§ Task to carry out
With the line containing "m ≡ (ok tt, m)" as the start and the line containing "pub cause : ExecError E" as the end, transcribe that span of the entries below exactly, including both.

+++ Material for this exercise +++

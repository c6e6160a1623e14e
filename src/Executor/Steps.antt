-- ===== src/Executor/Steps.antt =====
-- `run_steps` of cli/src/plan/executor.rs: what an early stop and a failure leave behind.
use catallaxy.Prelude.{
  ℕ, zero, suc, ◌+◌, ◌≡◌, refl, false, Option, none, some, List, [], ◌∷◌, ◌++◌, arith, Bool-cases,
  inl, inr, eqb, eqb_iff, length, take, if◌then◌else◌, ◌∙◌, sym, ap, fun_ext,
}
use catallaxy.Plan.{PlannedStep, label}
use catallaxy.Executor.{
  Result, ok, err, panic, ExecError, step_failed, Env, StepContext, Machine, run_one, run_steps,
  stops_at,
}

module _ {V L C E W : Type 0} (env : Env V L C E W) (sctx : StepContext V L C) where
  eqb-ne : (i n : ℕ) → eqb i (i + suc n) ≡ false
  eqb-ne i n = ground arith

  later : (i n : ℕ) → i + suc n ≡ suc i + n
  later i n = omega arith

  -- A run that stops after the step of index `i + n` is a run of the first `n + 1` steps.
  pub run_steps-take :
      (total i n : ℕ) (steps : List (PlannedStep V)) (m : Machine W)
      → run_steps env sctx total i steps (some (i + n)) m
        ≡ run_steps env sctx total i (take (suc n) steps) none m
  unfolding run_steps
  run_steps-take total i n [] m = refl
  run_steps-take total i zero (step ∷ steps) m = rw ((eqb_iff i (i + 0)).1 (omega arith))
  run_steps-take total i (suc n) (step ∷ steps) m =
      rw (eqb-ne i n, later i n, fun_ext (run_steps-take total (suc i) n steps))

  module _ (total i : ℕ) (step : PlannedStep V) (steps : List (PlannedStep V))
      (stop : Option ℕ) where
    pub run_steps-ok :
        (m m₁ : Machine W)
        → run_one env sctx step m ≡ (ok tt, m₁)
        → run_steps env sctx total i (step ∷ steps) stop m ≡ (
            if stops_at stop i then (ok tt, m₁) else run_steps env sctx total (suc i) steps stop m₁)
    unfolding run_steps
    run_steps-ok m m₁ h = ground arith

    pub run_steps-err :
        (m m₁ : Machine W) (cause : ExecError E)
        → run_one env sctx step m ≡ (err cause, m₁)
        → run_steps env sctx total i (step ∷ steps) stop m
          ≡ (err (step_failed (i + 1) total (label step) cause), m₁)
    unfolding run_steps
    run_steps-err m m₁ cause h = ground arith

    run_steps-panic :
        (m m₁ : Machine W)
        → run_one env sctx step m ≡ (panic, m₁)
        → run_steps env sctx total i (step ∷ steps) stop m ≡ (panic, m₁)
    unfolding run_steps
    run_steps-panic m m₁ h = ground arith

  pub run_steps-nil :
      (total i : ℕ) (stop : Option ℕ) (m : Machine W)
      → run_steps env sctx total i [] stop m ≡ (ok tt, m)
  unfolding run_steps
  run_steps-nil total i stop m = refl

  -- Of `steps`, numbered from `i`, those before one ran from `m` with success, that one failed and
  -- left `m'`, and `e` names it by its number and label.
  pub record FailedAt (total i : ℕ) (steps : List (PlannedStep V)) (m : Machine W) (e : ExecError E)
      (m' : Machine W) : Type 0 where
    pub before : List (PlannedStep V)
    pub step : PlannedStep V
    pub after : List (PlannedStep V)
    pub cause : ExecError E
    pub reached : Machine W
    pub split : steps ≡ before ++ step ∷ after
    pub passed : run_steps env sctx total i before none m ≡ (ok tt, reached)
    pub failed : run_one env sctx step reached ≡ (err cause, m')
    pub named : e ≡ step_failed (i + length before + 1) total (label step) cause

  FailedAt-cons :
      {total i : ℕ} {step : PlannedStep V} {steps : List (PlannedStep V)} {m m₁ m' : Machine W}
      {e : ExecError E}
      → run_one env sctx step m ≡ (ok tt, m₁)
      → FailedAt total (suc i) steps m₁ e m'
      → FailedAt total i (step ∷ steps) m e m'
  FailedAt-cons {total} {i} {step} {steps} {m} {m₁} q f = record {
    before = step ∷ f.before;
    step = f.step;
    after = f.after;
    cause = f.cause;
    reached = f.reached;
    split = cc f.split;
    passed = run_steps-ok total i step f.before none m m₁ q ∙ f.passed;
    failed = f.failed;
    named = f.named ∙ ap (λ n. step_failed n total (label f.step) f.cause) (omega arith);
  }

  -- A failed run ran the steps before one of them, each with success, and then that one failed.
  -- The error names the failed step by its number, and no later step was started.
  pub run_steps-eq-err :
      (total i : ℕ) (steps : List (PlannedStep V)) (stop_after : Option ℕ) (m : Machine W)
      (e : ExecError E) (m' : Machine W)
      → run_steps env sctx total i steps stop_after m ≡ (err e, m')
      → FailedAt total i steps m e m'
  run_steps-eq-err total i [] stop_after m e m' h = cc (run_steps-nil total i stop_after m)
  run_steps-eq-err total i (step ∷ steps) stop_after m e m' h =
      go (run_one env sctx step m) refl (run_steps-eq-err total (suc i) steps stop_after)
    where
      go :
          (r : Result (ExecError E) (Unit {0}) × Machine W)
          → run_one env sctx step m ≡ r
          → ((m : Machine W) (e : ExecError E) (m' : Machine W)
              → run_steps env sctx total (suc i) steps stop_after m ≡ (err e, m')
              → FailedAt total (suc i) steps m e m')
          → FailedAt total i (step ∷ steps) m e m'
      go (ok _, m₁) q rec =
          let went = sym (run_steps-ok total i step steps stop_after m m₁ q) ∙ h in
          elim (Bool-cases (stops_at stop_after i)) [
            | inl stops ↦ absurd (cc (rw stops at went))
            | inr goes ↦ FailedAt-cons q (rec m₁ e m' (rw goes at went))
          ]
      go (err cause, m₁) q rec =
          let went = sym (run_steps-err total i step steps stop_after m m₁ cause q) ∙ h in
          record {
            before = [];
            step = step;
            after = steps;
            cause = cause;
            reached = m;
            split = refl;
            passed = run_steps-nil total i none m;
            failed = cc (q, went);
            named = ground arith;
          }
      go (panic, m₁) q rec = cc (run_steps-panic total i step steps stop_after m m₁ q)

+++

§ Answer
      → run_steps env sctx total i [] stop m ≡ (ok tt, m)
  unfolding run_steps
  run_steps-nil total i stop m = refl

  -- Of `steps`, numbered from `i`, those before one ran from `m` with success, that one failed and
  -- left `m'`, and `e` names it by its number and label.
  pub record FailedAt (total i : ℕ) (steps : List (PlannedStep V)) (m : Machine W) (e : ExecError E)
      (m' : Machine W) : Type 0 where
    pub before : List (PlannedStep V)
    pub step : PlannedStep V
    pub after : List (PlannedStep V)
    pub cause : ExecError E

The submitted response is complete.